(Stored dataset items)
---*---

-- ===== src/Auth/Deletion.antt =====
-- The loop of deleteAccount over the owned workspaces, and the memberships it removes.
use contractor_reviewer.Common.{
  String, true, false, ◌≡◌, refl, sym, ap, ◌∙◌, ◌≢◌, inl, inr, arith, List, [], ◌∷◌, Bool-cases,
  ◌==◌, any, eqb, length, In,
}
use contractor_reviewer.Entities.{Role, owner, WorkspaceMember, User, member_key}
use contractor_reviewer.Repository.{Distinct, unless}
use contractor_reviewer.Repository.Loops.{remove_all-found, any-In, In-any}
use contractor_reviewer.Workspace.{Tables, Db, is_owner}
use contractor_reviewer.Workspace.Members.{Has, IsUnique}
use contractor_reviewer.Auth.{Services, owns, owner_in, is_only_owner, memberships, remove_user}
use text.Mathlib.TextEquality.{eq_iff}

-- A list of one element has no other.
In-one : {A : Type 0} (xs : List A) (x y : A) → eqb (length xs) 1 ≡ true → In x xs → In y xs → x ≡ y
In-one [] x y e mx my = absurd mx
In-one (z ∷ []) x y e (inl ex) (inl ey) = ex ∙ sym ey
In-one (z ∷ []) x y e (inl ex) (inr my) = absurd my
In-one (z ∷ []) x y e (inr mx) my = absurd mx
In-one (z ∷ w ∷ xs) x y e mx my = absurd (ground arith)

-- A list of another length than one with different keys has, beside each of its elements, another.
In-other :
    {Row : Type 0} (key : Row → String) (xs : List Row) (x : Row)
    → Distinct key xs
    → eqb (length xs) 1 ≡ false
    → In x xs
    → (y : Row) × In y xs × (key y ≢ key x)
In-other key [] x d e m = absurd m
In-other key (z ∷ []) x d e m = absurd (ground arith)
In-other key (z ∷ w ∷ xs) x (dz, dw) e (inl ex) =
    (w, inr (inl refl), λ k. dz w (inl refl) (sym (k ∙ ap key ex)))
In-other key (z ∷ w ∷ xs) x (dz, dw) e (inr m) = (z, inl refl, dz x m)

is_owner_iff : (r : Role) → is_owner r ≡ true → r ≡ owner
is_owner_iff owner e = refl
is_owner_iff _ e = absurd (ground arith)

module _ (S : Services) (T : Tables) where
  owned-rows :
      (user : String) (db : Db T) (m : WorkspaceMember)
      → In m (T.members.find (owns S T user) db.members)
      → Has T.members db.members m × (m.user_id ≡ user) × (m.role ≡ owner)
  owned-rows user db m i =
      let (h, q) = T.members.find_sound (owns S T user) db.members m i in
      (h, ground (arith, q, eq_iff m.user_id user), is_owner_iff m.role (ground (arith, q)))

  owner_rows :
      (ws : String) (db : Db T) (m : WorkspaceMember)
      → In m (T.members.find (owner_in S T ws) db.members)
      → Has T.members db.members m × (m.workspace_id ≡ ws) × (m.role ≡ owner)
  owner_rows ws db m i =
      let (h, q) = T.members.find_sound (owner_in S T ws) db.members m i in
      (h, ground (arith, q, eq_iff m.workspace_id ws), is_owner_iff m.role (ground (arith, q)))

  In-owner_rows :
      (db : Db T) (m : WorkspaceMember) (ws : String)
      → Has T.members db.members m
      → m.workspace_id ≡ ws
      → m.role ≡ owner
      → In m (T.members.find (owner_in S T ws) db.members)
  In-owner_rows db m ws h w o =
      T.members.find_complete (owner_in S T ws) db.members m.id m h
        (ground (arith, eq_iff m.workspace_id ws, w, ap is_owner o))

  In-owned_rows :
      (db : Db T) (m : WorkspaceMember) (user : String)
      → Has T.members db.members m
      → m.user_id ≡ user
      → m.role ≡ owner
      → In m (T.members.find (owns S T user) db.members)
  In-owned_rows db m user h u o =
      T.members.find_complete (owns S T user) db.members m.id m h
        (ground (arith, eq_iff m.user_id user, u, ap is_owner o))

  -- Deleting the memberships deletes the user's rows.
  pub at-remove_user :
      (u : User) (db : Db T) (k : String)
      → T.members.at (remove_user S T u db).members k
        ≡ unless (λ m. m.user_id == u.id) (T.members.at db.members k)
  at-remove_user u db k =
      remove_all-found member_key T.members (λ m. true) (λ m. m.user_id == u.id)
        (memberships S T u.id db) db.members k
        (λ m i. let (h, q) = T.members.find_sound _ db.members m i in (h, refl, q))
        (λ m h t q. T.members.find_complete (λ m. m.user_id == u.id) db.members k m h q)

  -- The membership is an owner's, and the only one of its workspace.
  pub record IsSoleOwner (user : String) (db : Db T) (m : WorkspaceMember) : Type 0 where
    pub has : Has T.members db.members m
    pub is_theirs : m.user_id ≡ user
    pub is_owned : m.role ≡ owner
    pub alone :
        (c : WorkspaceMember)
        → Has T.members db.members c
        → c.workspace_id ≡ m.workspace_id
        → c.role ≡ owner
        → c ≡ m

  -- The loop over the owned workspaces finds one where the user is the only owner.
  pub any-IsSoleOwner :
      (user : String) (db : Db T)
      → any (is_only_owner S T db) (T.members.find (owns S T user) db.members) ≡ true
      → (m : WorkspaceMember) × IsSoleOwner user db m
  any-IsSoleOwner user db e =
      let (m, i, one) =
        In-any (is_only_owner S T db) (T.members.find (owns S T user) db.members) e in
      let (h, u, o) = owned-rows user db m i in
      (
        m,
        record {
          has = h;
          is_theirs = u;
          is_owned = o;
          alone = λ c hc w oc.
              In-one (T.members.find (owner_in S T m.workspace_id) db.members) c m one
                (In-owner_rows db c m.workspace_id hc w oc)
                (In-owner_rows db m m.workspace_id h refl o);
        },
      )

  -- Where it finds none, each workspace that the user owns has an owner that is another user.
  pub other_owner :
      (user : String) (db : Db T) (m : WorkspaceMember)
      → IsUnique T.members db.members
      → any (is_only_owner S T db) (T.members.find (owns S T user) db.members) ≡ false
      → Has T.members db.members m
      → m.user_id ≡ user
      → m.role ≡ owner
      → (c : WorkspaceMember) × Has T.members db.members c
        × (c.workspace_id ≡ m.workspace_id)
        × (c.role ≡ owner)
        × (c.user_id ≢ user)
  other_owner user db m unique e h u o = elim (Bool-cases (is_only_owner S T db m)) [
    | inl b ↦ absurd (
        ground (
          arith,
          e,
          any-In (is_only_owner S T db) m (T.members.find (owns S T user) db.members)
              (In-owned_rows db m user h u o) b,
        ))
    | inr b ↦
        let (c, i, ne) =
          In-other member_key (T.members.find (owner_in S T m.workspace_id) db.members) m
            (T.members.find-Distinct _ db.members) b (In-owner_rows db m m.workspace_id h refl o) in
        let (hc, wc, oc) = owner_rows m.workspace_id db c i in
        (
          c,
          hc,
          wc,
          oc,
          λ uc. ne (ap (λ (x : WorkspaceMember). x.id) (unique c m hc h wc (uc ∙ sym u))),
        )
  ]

---*---

WORK ITEM: For each line above that contains the word "over", give the line as it is written.

PROBLEM SOLUTION:
-- The loop of deleteAccount over the owned workspaces, and the memberships it removes.
  -- The loop over the owned workspaces finds one where the user is the only owner.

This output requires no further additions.